▸ About this exercise: Working through the lines below, return each one that holds "IsLoose".

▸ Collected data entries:

-.-.-

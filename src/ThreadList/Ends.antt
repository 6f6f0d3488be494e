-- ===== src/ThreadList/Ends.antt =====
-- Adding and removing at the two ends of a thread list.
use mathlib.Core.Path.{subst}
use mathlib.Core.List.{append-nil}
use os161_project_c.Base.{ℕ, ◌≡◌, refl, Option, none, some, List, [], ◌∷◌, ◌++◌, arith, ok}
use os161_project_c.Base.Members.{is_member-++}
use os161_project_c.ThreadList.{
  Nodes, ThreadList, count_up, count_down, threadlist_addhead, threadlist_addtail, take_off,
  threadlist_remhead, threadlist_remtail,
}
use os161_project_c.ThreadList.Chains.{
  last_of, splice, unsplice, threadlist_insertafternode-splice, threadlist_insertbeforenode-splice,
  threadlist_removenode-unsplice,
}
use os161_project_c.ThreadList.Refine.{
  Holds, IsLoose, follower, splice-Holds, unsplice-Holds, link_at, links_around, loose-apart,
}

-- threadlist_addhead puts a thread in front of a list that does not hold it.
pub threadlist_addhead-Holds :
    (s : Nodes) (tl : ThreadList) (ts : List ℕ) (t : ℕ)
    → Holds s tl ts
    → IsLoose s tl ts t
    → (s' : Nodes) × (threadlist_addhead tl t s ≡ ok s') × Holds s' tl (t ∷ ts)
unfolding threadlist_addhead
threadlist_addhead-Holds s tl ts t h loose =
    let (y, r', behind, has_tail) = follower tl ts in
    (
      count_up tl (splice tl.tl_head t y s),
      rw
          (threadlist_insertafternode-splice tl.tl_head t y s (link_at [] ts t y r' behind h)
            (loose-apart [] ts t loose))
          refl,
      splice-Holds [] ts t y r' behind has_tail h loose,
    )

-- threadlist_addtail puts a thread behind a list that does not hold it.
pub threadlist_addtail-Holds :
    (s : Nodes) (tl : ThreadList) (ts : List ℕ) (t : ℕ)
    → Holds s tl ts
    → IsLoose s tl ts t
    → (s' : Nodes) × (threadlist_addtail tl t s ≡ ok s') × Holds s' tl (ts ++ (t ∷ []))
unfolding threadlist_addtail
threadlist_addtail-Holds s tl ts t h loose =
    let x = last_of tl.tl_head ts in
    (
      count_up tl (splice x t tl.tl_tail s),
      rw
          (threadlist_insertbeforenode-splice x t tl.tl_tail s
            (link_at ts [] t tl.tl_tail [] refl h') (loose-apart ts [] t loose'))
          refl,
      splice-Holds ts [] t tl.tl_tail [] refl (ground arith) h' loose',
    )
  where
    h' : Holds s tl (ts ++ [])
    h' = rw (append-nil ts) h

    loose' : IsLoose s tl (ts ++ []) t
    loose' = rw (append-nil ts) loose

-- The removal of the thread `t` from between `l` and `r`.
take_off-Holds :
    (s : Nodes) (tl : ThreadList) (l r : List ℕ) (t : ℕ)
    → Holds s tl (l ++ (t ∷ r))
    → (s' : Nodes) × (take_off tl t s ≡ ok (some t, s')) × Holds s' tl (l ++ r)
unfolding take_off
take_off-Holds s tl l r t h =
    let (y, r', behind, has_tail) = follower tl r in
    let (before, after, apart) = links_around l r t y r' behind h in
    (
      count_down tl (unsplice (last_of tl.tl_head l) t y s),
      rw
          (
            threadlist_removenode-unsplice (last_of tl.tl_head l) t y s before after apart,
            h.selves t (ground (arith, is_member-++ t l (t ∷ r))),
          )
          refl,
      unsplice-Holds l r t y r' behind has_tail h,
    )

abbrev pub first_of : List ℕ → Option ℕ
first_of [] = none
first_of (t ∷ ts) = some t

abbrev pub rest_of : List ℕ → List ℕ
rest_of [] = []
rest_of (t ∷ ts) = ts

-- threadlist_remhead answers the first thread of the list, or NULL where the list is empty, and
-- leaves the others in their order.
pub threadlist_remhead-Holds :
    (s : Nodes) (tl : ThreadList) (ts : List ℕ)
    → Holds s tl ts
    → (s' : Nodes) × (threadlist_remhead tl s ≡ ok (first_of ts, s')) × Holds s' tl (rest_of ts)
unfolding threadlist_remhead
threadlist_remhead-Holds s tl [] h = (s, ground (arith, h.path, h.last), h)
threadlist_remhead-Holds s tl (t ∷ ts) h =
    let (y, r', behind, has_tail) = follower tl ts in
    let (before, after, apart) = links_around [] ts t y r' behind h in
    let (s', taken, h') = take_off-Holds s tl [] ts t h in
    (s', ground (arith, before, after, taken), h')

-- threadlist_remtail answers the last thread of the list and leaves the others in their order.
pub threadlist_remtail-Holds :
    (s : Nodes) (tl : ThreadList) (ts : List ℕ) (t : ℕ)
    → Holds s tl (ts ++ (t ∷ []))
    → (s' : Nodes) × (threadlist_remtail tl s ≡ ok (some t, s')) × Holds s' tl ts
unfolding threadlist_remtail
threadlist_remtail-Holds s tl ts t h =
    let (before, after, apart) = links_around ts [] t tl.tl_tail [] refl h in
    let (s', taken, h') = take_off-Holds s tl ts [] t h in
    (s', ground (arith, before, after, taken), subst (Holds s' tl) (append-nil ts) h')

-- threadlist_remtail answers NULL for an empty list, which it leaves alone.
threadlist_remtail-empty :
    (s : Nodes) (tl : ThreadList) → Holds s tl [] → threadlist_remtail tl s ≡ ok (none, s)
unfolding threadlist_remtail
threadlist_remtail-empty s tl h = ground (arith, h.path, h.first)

-.-.-

▸ Exercise result:
  Holds, IsLoose, follower, splice-Holds, unsplice-Holds, link_at, links_around, loose-apart,
    → IsLoose s tl ts t
    → IsLoose s tl ts t
    loose' : IsLoose s tl (ts ++ []) t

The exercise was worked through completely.